# Neverwinter vs. Dungeons & Dragons Online



## airwalkrr (Oct 14, 2012)

I am an avid DDO player, but I have been intrigued by Neverwinter's impending release. The videos I have seen of gameplay look pretty cool. I really loved the Neverwinter Nights and Baldur's Gate games. And although I never really liked 4th edition, I always thought its mechanics would work well if ported over to an MMO. I like the D&D lore in DDO, especially now that they added the Forgotten Realms. And I think the gameplay in DDO is exceptional, but it is an old game (released in 2006), and people are starting to get tired of it.
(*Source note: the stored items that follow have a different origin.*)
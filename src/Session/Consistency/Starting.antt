-- ===== src/Session/Consistency/Starting.antt =====
-- `StartSession` keeps the invariant.
use mathlib.Core.Path.{subst}
use tao_core_go.Prelude.{
  ◌≤◌, ◌<◌, Text, Bool, true, false, ◌&&◌, none, some, List, [], ◌∷◌, ◌++◌, ◌≡◌, refl, sym, inl,
  inr, arith, ◌==◌, nat_eq, text_eq_instance, text_eq_iff, text_eq_refl, find, count, any,
  update_where, Bool-cases,
}
use tao_core_go.Prelude.Rows.{
  In, In-unique, count-update_where, count_append_one, count-zero_of_any,
}
use tao_core_go.Float.{Float64}
use tao_core_go.Models.{in_progress, status_eq_instance, Delivery, TestSession}
use tao_core_go.Store.{Db, World}
use tao_core_go.Text.{trim_space}
use tao_core_go.Session.{Env}
use tao_core_go.Session.Start.{belongs, is_open, allowed_attempts, same_session_key, start_session}
use tao_core_go.Session.Start.Outcome.{next_session, Granted, resumed, begun, created, open_session}
use tao_core_go.Session.Start.Laws.{start_session-Starts}
use tao_core_go.Session.Consistency.Invariant.{
  IsConsistent, count_open_zero, open_session_In, Outcome-IsConsistent,
}

module _ {F : Type 0} ⦃float : Float64 F⦄ (env : Env) (d u : Text) (db : Db F)
    (c : IsConsistent db) where
  -- A started session differs from its old row in its status and start alone.
  module _ (s s' : TestSession F) (found : open_session env d u db ≡ some s)
      (e : s' ≡ record s { status = in_progress; started_at = some env.now }) where
    same_row : (x : TestSession F) → In x db.sessions → (x.id == s.id) ≡ true → x ≡ s
    same_row x i h =
        In-unique (λ (y : TestSession F). y.id == s.id) db.sessions x s (c.session_ids s.id) i
          (open_session_In d u db.sessions s found).0 h (text_eq_refl s.id)

    begun_count :
        (q : TestSession F → Bool)
        → q (record s { status = in_progress; started_at = some env.now }) ≡ q s
        → count q (update_where (λ r. r.id == s.id) (λ _. s') db.sessions) ≡ count q db.sessions
    begun_count q same =
        count-update_where q (λ (r : TestSession F). r.id == s.id) (λ _. s') db.sessions
          (λ x i h. rw (e, same_row x i h) same)

    begun_open :
        (d' u' : Text)
        → (belongs d' u' (record s { status = in_progress; started_at = some env.now })
            && is_open (record s { status = in_progress; started_at = some env.now }))
          ≡ (belongs d' u' s && is_open s)
    unfolding belongs is_open
    begun_open d' u' = ground (arith, (open_session_In d u db.sessions s found).1)

    begun-IsConsistent :
        IsConsistent
          (record db { sessions = update_where (λ r. r.id == s.id) (λ _. s') db.sessions })
    unfolding belongs
    begun-IsConsistent = record {
      session_ids = λ i. rw (begun_count (λ x. x.id == i) refl) (c.session_ids i);
      response_ids = c.response_ids;
      one_open = λ d' u'.
          rw (begun_count (λ x. belongs d' u' x && is_open x) (begun_open d' u'))
            (c.one_open d' u');
      capped = λ d' u' delivery listed.
          rw (begun_count (belongs d' u') refl) (c.capped d' u' delivery listed);
    }

  -- A new attempt: no open session, room for one more, and a fresh key.
  module _ (delivery : Delivery)
      (listed : find (λ (r : Delivery). r.id == d) db.deliveries ≡ some delivery)
      (no_open : open_session env d u db ≡ none)
      (room : count (belongs d u) db.sessions < allowed_attempts delivery.max_attempts)
      (fresh : any (same_session_key (next_session env d u db)) db.sessions ≡ false) where
    fresh_id : count (λ s. s.id == env.new_id) db.sessions ≡ 0
    unfolding same_session_key
    fresh_id =
        count-zero_of_any (same_session_key (next_session env d u db)) (λ s. s.id == env.new_id)
          db.sessions (λ x h. ground arith) fresh

    created_id :
        (i : Text) → count (λ s. s.id == i) (db.sessions ++ next_session env d u db ∷ []) ≤ 1
    created_id i = elim (Bool-cases (env.new_id == i)) [
      | inl same ↦
          let e : env.new_id ≡ i = (text_eq_iff _ _).0 same in
          let unused : count (λ s. s.id == i) db.sessions ≡ 0 =
            subst (λ k. count (λ (s : TestSession F). s.id == k) db.sessions ≡ 0) e fresh_id in
          rw
            (
              count_append_one (λ (s : TestSession F). s.id == i) db.sessions
                  (next_session env d u db),
              same,
            )
            (omega arith)
      | inr other ↦
          rw
            (
              count_append_one (λ (s : TestSession F). s.id == i) db.sessions
                  (next_session env d u db),
              other,
            )
            (omega (arith, c.session_ids i))
    ]

    belongs_next :
        (d' u' : Text) → belongs d' u' (next_session env d u db) ≡ true → (d ≡ d') × (u ≡ u')
    unfolding belongs
    belongs_next d' u' h = ground (arith, text_eq_iff d d', text_eq_iff u u')

    created_open :
        (d' u' : Text)
        → count (λ s. belongs d' u' s && is_open s) (db.sessions ++ next_session env d u db ∷ [])
          ≤ 1
    created_open d' u' = elim (Bool-cases (belongs d' u' (next_session env d u db))) [
      | inl same ↦
          let (ed, eu) = belongs_next d' u' same in
          let unused : count (λ s. belongs d' u' s && is_open s) db.sessions ≡ 0 =
            rw (← ed, ← eu) (count_open_zero d u db.sessions no_open) in
          ground (
            arith,
            unused,
            count_append_one (λ s. belongs d' u' s && is_open s) db.sessions
                (next_session env d u db),
          )
      | inr other ↦ ground (
        arith,
        other,
        c.one_open d' u',
        count_append_one (λ s. belongs d' u' s && is_open s) db.sessions (next_session env d u db),
      )
    ]

    created_capped :
        (d' u' : Text) (delivery' : Delivery)
        → find (λ (r : Delivery). r.id == d') db.deliveries ≡ some delivery'
        → count (belongs d' u') (db.sessions ++ next_session env d u db ∷ [])
          ≤ allowed_attempts delivery'.max_attempts
    created_capped d' u' delivery' listed' =
        elim (Bool-cases (belongs d' u' (next_session env d u db))) [
          | inl same ↦
              let (ed, eu) = belongs_next d' u' same in
              let here : find (λ (r : Delivery). r.id == d') db.deliveries ≡ some delivery =
                rw (← ed) listed in
              let one_delivery : delivery ≡ delivery' = cc in
              let room' : count (belongs d' u') db.sessions
                  < allowed_attempts delivery'.max_attempts =
                rw (← ed, ← eu, ← one_delivery) room in
              rw (count_append_one (belongs d' u') db.sessions (next_session env d u db), same)
                (omega arith)
          | inr other ↦
              rw (count_append_one (belongs d' u') db.sessions (next_session env d u db), other)
                (omega (arith, c.capped d' u' delivery' listed'))
        ]

    created-IsConsistent :
        IsConsistent (record db { sessions = db.sessions ++ next_session env d u db ∷ [] })
    created-IsConsistent = record {
      session_ids = created_id;
      response_ids = c.response_ids;
      one_open = created_open;
      capped = created_capped;
    }

  Granted-IsConsistent :
      {s : TestSession F} {rows : List (TestSession F)}
      → Granted env d u db s rows
      → IsConsistent (record db { sessions = rows })
  Granted-IsConsistent (resumed s found started) = c
  Granted-IsConsistent (begun s s' found e) = begun-IsConsistent s s' found e
  Granted-IsConsistent (created delivery listed no_open room fresh) =
      created-IsConsistent delivery listed no_open room fresh

module _ {F : Type 0} where
  -- Whatever a start returns and whatever the driver does, the invariant is kept.
  pub start_session-IsConsistent :
      ⦃float : Float64 F⦄ (env : Env) (delivery_id user_id : Text) (w : World F)
      → IsConsistent w.db
      → IsConsistent (start_session env delivery_id user_id w).1.db
  start_session-IsConsistent env delivery_id user_id w c =
      Outcome-IsConsistent w.db _ _ c
        (λ s db' g.
          subst IsConsistent (sym g.updated) (
            Granted-IsConsistent env (trim_space delivery_id) (trim_space user_id) w.db c
              g.granted))
        _ _ (start_session-Starts env delivery_id user_id w)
But I wouldn't want to give up DDO unless there were an exceptional D&D-based alternative or DDO just became flat-out unplayable. Has anyone beta tested Neverwinter and could you compare it to DDO?


----------



## Morrus (Oct 15, 2012)

I have not, but I'm very interested in that Foundry thing - the best thing about Neverwinter Nights was creating your own locations and adventures.


----------



## trancejeremy (Oct 15, 2012)

I've found there to be a certainly similarity in Cryptic's MMORPGs. While Neverwinter could very well be a good game, I expect it to be more of the same from them (not that it's a bad thing, I really liked CoH and have played a lot of STO. Champions is pretty terrible, though).


----------



## sabrinathecat (Oct 16, 2012)

I got bored with DDO very quickly.
Play a mission.
Play it again.
Play it again.
Play it one more time.
Seriously? Play the same mission 4 times? Sure each time it was more difficult, but seriously? That was the design you guys came up with?
And, like most MMORPGs, everyone goes through the same adventures, so there isn't much point in playing different classes/races.
I'll stick to tabletop RPGs. With books, dice, and paper.


----------



## Scrivener of Doom (Oct 16, 2012)

I was really interested in _Neverwinter_ - and we're currently playing my favourite campaign in 30+ years in the tabletop version  - until it became a MMO. I really wanted something I didn't need to play with others on the internet.

Fortunately, the updated version of Baldur's Gate will be here soon.


----------



## Zaukrie (Oct 16, 2012)

Agreed, I want to play games on my own if possible, not an MMO.


----------